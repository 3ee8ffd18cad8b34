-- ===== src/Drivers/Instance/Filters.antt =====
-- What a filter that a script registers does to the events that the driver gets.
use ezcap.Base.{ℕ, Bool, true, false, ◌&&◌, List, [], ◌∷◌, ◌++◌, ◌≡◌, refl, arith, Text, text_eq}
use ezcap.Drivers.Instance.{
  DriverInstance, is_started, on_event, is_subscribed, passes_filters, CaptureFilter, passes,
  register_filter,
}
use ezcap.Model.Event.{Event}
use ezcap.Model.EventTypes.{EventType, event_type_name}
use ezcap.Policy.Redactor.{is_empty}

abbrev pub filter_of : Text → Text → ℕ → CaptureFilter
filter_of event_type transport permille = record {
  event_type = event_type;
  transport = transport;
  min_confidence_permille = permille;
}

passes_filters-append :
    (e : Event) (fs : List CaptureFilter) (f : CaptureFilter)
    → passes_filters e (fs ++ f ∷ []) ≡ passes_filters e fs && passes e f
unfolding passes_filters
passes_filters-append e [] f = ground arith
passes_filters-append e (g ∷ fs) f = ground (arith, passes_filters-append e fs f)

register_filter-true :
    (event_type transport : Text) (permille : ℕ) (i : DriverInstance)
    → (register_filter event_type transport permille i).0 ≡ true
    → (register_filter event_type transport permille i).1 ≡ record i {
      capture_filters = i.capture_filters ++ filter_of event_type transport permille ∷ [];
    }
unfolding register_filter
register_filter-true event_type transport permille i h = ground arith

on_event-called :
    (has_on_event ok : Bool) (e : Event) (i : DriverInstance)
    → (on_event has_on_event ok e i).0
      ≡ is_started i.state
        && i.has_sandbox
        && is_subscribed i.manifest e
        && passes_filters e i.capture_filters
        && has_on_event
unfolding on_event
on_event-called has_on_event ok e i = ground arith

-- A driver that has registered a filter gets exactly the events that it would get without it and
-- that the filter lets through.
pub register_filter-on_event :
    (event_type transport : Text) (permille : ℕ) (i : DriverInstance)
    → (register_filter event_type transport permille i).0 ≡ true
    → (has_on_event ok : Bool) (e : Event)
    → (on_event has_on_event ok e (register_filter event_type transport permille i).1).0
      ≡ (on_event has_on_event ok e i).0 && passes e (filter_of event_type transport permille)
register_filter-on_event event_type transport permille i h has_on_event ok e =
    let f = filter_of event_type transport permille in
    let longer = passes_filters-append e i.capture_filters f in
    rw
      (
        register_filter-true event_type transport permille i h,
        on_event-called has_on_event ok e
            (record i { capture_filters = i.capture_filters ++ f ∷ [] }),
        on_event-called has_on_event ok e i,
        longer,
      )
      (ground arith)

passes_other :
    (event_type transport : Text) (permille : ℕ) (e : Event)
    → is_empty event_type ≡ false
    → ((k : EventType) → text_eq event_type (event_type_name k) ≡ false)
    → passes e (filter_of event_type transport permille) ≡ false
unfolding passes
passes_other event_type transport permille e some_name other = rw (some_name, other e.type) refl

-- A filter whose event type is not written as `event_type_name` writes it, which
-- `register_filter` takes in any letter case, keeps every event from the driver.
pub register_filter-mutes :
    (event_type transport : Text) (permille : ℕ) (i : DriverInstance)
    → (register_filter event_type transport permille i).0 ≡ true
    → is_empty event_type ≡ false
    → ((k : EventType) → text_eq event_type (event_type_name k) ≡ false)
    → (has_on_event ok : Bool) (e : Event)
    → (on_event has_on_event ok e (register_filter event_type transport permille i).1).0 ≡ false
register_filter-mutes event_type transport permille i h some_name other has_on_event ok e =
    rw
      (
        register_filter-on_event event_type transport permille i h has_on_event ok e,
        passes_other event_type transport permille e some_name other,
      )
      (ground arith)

※ ※ ※

(YOUR GOAL) Copy out each record exactly as given, omitting none.

(SOLUTION FOR THIS EXERCISE)
repository 3ee8ffd18cad8b34
-- ===== src/Drivers/Instance/Filters.antt =====
-- What a filter that a script registers does to the events that the driver gets.
use ezcap.Base.{ℕ, Bool, true, false, ◌&&◌, List, [], ◌∷◌, ◌++◌, ◌≡◌, refl, arith, Text, text_eq}
use ezcap.Drivers.Instance.{
  DriverInstance, is_started, on_event, is_subscribed, passes_filters, CaptureFilter, passes,
  register_filter,
}
use ezcap.Model.Event.{Event}
use ezcap.Model.EventTypes.{EventType, event_type_name}
use ezcap.Policy.Redactor.{is_empty}

abbrev pub filter_of : Text → Text → ℕ → CaptureFilter
filter_of event_type transport permille = record {
  event_type = event_type;
  transport = transport;
  min_confidence_permille = permille;
}

passes_filters-append :
    (e : Event) (fs : List CaptureFilter) (f : CaptureFilter)
    → passes_filters e (fs ++ f ∷ []) ≡ passes_filters e fs && passes e f
unfolding passes_filters
passes_filters-append e [] f = ground arith
passes_filters-append e (g ∷ fs) f = ground (arith, passes_filters-append e fs f)

register_filter-true :
    (event_type transport : Text) (permille : ℕ) (i : DriverInstance)
    → (register_filter event_type transport permille i).0 ≡ true
    → (register_filter event_type transport permille i).1 ≡ record i {
      capture_filters = i.capture_filters ++ filter_of event_type transport permille ∷ [];
    }
unfolding register_filter
register_filter-true event_type transport permille i h = ground arith

on_event-called :
    (has_on_event ok : Bool) (e : Event) (i : DriverInstance)
    → (on_event has_on_event ok e i).0
      ≡ is_started i.state
        && i.has_sandbox
        && is_subscribed i.manifest e
        && passes_filters e i.capture_filters
        && has_on_event
unfolding on_event
on_event-called has_on_event ok e i = ground arith

-- A driver that has registered a filter gets exactly the events that it would get without it and
-- that the filter lets through.
pub register_filter-on_event :
    (event_type transport : Text) (permille : ℕ) (i : DriverInstance)
    → (register_filter event_type transport permille i).0 ≡ true
    → (has_on_event ok : Bool) (e : Event)
    → (on_event has_on_event ok e (register_filter event_type transport permille i).1).0
      ≡ (on_event has_on_event ok e i).0 && passes e (filter_of event_type transport permille)
register_filter-on_event event_type transport permille i h has_on_event ok e =
    let f = filter_of event_type transport permille in
    let longer = passes_filters-append e i.capture_filters f in
    rw
      (
        register_filter-true event_type transport permille i h,
        on_event-called has_on_event ok e
            (record i { capture_filters = i.capture_filters ++ f ∷ [] }),
        on_event-called has_on_event ok e i,
        longer,
      )
      (ground arith)

passes_other :
    (event_type transport : Text) (permille : ℕ) (e : Event)
    → is_empty event_type ≡ false
    → ((k : EventType) → text_eq event_type (event_type_name k) ≡ false)
    → passes e (filter_of event_type transport permille) ≡ false
unfolding passes
passes_other event_type transport permille e some_name other = rw (some_name, other e.type) refl

-- A filter whose event type is not written as `event_type_name` writes it, which
-- `register_filter` takes in any letter case, keeps every event from the driver.
pub register_filter-mutes :
    (event_type transport : Text) (permille : ℕ) (i : DriverInstance)
    → (register_filter event_type transport permille i).0 ≡ true
    → is_empty event_type ≡ false
    → ((k : EventType) → text_eq event_type (event_type_name k) ≡ false)
    → (has_on_event ok : Bool) (e : Event)
    → (on_event has_on_event ok e (register_filter event_type transport permille i).1).0 ≡ false
register_filter-mutes event_type transport permille i h some_name other has_on_event ok e =
    rw
      (
        register_filter-on_event event_type transport permille i h has_on_event ok e,
        passes_other event_type transport permille e some_name other,
      )
      (ground arith)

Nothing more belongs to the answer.